Other students have done pieces that surprise and delight. One looked into a Northwestern University study that showed that religious people tend toward obesity. She looked at local churches and how they’re trying to foster fitness among their members. Another student looked at a new gender gap, the imbalance between women and men in high school graduation rates and college attendance (57% girls on campus nationally and in Nebraska). Such intriguing efforts can make grading far more palatable, even on weekends.

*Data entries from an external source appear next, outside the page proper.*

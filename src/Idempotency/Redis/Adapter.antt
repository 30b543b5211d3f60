-- ===== src/Idempotency/Redis/Adapter.antt =====
-- `RedisHotIdempotencyStore` of src/app/infrastructure/idempotency/redis/hot_store.py: the methods
-- around the Lua scripts, as a hot store.
use andruha_user_profile_ser.Prelude.{
  ℕ, ◌*◌, ◌/◌, ◌≡◌, Bool, not, Option, none, some, List, [], ◌∷◌, ◌++◌, ◌==◌, text_eq, nat_beq,
  Text, codes, length, if◌then◌else◌, Result, ok, err,
}
use andruha_user_profile_ser.Exceptions.{
  Exception, idempotency, idempotency_unavailable_error, value_error, runtime_error,
}
use andruha_user_profile_ser.Idempotency.Models.{
  IdempotencyKey, ClaimResult, CompletedResult, acquired, replay, conflict, in_progress,
}
use andruha_user_profile_ser.Idempotency.HotStore.{Call, HotStore}
use andruha_user_profile_ser.Idempotency.Hex.{hex}
use andruha_user_profile_ser.Idempotency.Redis.Completed.{Json, encode_completed, decode_completed}
use andruha_user_profile_ser.Idempotency.Redis.{
  Cell, Reply, load, claim_script, renew_script, complete_script, release_script,
}

-- What the adapter takes from its libraries: `str` of a UUID, UTF-8, SHA-256, and JSON with pydantic.
pub record Wire : Type 0 where
  pub uuid_text : ℕ → Text
  pub uuid_text-injective : (a b : ℕ) → uuid_text a ≡ uuid_text b → a ≡ b
  pub utf8 : Text → List ℕ
  pub sha256 : List ℕ → List ℕ
  pub json : Json

-- How one call of Redis goes: the script runs and its reply arrives; or the client raises
-- `RedisError`, and the script has not run, or has.
pub data Link : Type 0 where
  up lost_before lost_after : Link

-- The keys of the server, and how the coming calls will go; after those all goes well.
pub record Server : Type 0 where
  pub cells : Text → Cell
  pub links : List Link

abbrev pub put : Text → Cell → (Text → Cell) → Text → Cell
put key cell cells k = if k == key then cell else cells k

-- `self._redis.eval` of one script on one key.
abbrev pub eval_up :
    {A : Type 0} → Text → A × Cell → List Link → Server → Result Exception A × Server
eval_up key (a, cell) links s = (ok a, record { cells = put key cell s.cells; links = links })

abbrev pub unavailable : Exception
unavailable = idempotency idempotency_unavailable_error

-- `_raise_unavailable`
abbrev pub eval_lost :
    {A : Type 0} → Text → A × Cell → List Link → Server → Result Exception A × Server
eval_lost key (a, cell) links s =
    (err unavailable, record { cells = put key cell s.cells; links = links })

unfoldable pub eval : {A : Type 0} → ℕ → Text → (Cell → A × Cell) → Call Server A
eval now key script s = elim s.links [
  | [] ↦ eval_up key (script (load now (s.cells key))) [] s
  | (up ∷ rest) ↦ eval_up key (script (load now (s.cells key))) rest s
  | (lost_before ∷ rest) ↦ (err unavailable, record s { links = rest })
  | (lost_after ∷ rest) ↦ eval_lost key (script (load now (s.cells key))) rest s
]

-- What follows a script's reply; an exception of the script call is passed on.
abbrev pub on_reply :
    {A B : Type 0}
    → (A → Result Exception B)
    → Result Exception A × Server
    → Result Exception B × Server
on_reply f (ok a, s) = (f a, s)
on_reply f (err e, s) = (err e, s)

abbrev pub flag : ℕ → Result Exception Bool
flag n = ok (not (nat_beq n 0))

module _ (wire : Wire) (namespace : Text) where
  open wire use {uuid_text, utf8, sha256, json}

  -- `_storage_key`
  unfoldable pub storage_key : IdempotencyKey → Text
  storage_key k =
      namespace
      ++ codes ":"
      ++ hex (sha256 (utf8 k.subject_id ++ 0 ∷ (utf8 k.operation ++ 0 ∷ k.key_digest)))

  -- The dispatch of `claim` on the code of the reply. Code 5, and all that does not decode or is of
  -- another request, is `_raise_corrupted`.
  abbrev pub read_replay : List ℕ → Result Exception CompletedResult → Result Exception ClaimResult
  read_replay fingerprint (err e) = err unavailable
  read_replay fingerprint (ok c) =
      if c.request_fingerprint == fingerprint
      then ok (record { status = replay; completed = some c })
      else err unavailable

  abbrev pub decode_result : Option Text → Result Exception CompletedResult
  decode_result none = err runtime_error
  decode_result (some text) = decode_completed json text

  abbrev pub read_reply : List ℕ → Reply → Result Exception ClaimResult
  read_reply fingerprint (code, result) =
      if nat_beq code 1
      then ok (record { status = acquired; completed = none })
      else if nat_beq code 2
      then read_replay fingerprint (decode_result result)
      else if nat_beq code 3
      then ok (record { status = conflict; completed = none })
      else if nat_beq code 4
      then ok (record { status = in_progress; completed = none })
      else err unavailable

  unfoldable pub claim : ℕ → IdempotencyKey → List ℕ → ℕ → ℕ → Call Server ClaimResult
  unfolding eval decode_completed
  claim now identity fingerprint token lease s =
      if not (nat_beq (length fingerprint) 32)
      then (err value_error, s)
      else if nat_beq lease 0
      then (err value_error, s)
      else on_reply (read_reply fingerprint) (
          eval now (storage_key identity)
            (claim_script now (hex fingerprint) (uuid_text token) lease) s)

  unfoldable pub renew : ℕ → IdempotencyKey → ℕ → ℕ → Call Server Bool
  unfolding eval
  renew now identity token lease s =
      if nat_beq lease 0
      then (err value_error, s)
      else on_reply flag
          (eval now (storage_key identity) (renew_script now (uuid_text token) lease) s)

  -- The expiry is handed over in milliseconds, rounded down.
  unfoldable pub complete : ℕ → IdempotencyKey → ℕ → CompletedResult → ℕ → Call Server Bool
  unfolding eval encode_completed
  complete now identity token result cache_ttl s =
      if nat_beq cache_ttl 0
      then (err value_error, s)
      else on_reply flag (
          eval now (storage_key identity)
            (complete_script now (uuid_text token) (encode_completed json result) (cache_ttl * 1000)
              (hex result.request_fingerprint) (result.expires_at / 1000))
            s)

  unfoldable pub release : ℕ → IdempotencyKey → ℕ → Call Server Bool
  unfolding eval
  release now identity token s =
      on_reply flag (eval now (storage_key identity) (release_script (uuid_text token)) s)

  abbrev pub redis_store : HotStore
  redis_store = record {
    State = Server;
    claim = claim;
    renew = renew;
    complete = complete;
    release = release;
  }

Part of the reason there are not enough hours in the work week for the grade book is that every day is a laundry list of distractions. Some days, this is great. It reminds me of John Lennon’s line from “Beautiful Boy” that life is what happens to you while you’re busy making other plans. There are, for instance, the kids who walk in to talk about their schoolwork (a pause that refreshes because it’s fun to help them iron out assignments and ideas). Our policy at Nebraska’s J School is no set office hours, but an open door whenever we’re not in class. That can mean many surprise visits.

Then there’s email, that modern scourge. The damn computer delivers something else to deal with every few minutes, it seems. And each note requires a prompt response, of course. I do respond quickly to the dean’s notes, I must say. My wife and kids, too, get priority. For others, it’s a challenge.

It reminds me of a high school history teacher who taught us time-management long before Day-Timers made a bundle on the concept. Make a to-do list early in the week, update it often and hope you’ll have checks next to most items by week’s end. Works pretty well, though mine seems to expand every day. I have found that I can’t abide unchecked items, which means a good many-mile run each morning to work off the self-imposed pressure. I hope my kids do something similar and figure the ones who meet deadlines must be doing so.

Finally, there’s another area of academics that is a real challenge. It’s the proof of success. “Assessment,” a term of little endearment, isn’t easy.

Let me spell that out. Take my biz-econ journalism students, for instance. I know they are learning something. They knew nothing about publicly traded companies, earnings, Form 10Ks and 10Qs, etc. They couldn’t write about a company’s quarterly results before spending a couple weeks on the topic (indeed, developing a grasp of income statements, balance sheets, stock market performances, etc.) Hell, they didn’t know the difference between Nasdaq and the NYSE, or the many different animals in the stock and commodities exchange worlds, before we dealt with all that. It’s clear they’ve learned something.

But how much did they learn? What will they take away? How can I prove to outsiders, especially tenure-review committee members, that the kids have moved from Point A to Point B? Even defining those points, as well as measuring the gap between them, is a challenge. Lots of documents. Lots of rubrics and graphs.

Fortunately, at Nebraska some of us have help. A group of us – mostly tenure-track newbies – are working on a peer-teaching experience this semester that is aimed at getting at such answers. We met on Saturday this weekend (no time during the work week for such things) to draft a preliminary version of a statement aimed at measuring our progress.

I picked three students – one star, one middler and one challenged student. I monitor their progress via reporting and writing assignments and tests. Will it become clear that these kids have grown between January and May? Don’t know. Certainly, they’ve learned something, but quantifying and demonstrating their achievement isn’t as simple as recording how they’ve done on an end-of-term test – it doesn’t work that way in journalism or other writing fields.

For folks in the teaching game for most of their careers, a lot of this is workaday stuff. It’s routine. For me, it’s all new. I’d like to think I’m doing A work. But between the grading challenges, the many distractions and the challenge of measuring it all, it’s damn hard to prove that. There are many days when it makes running a national correspondent system for a magazine look easy.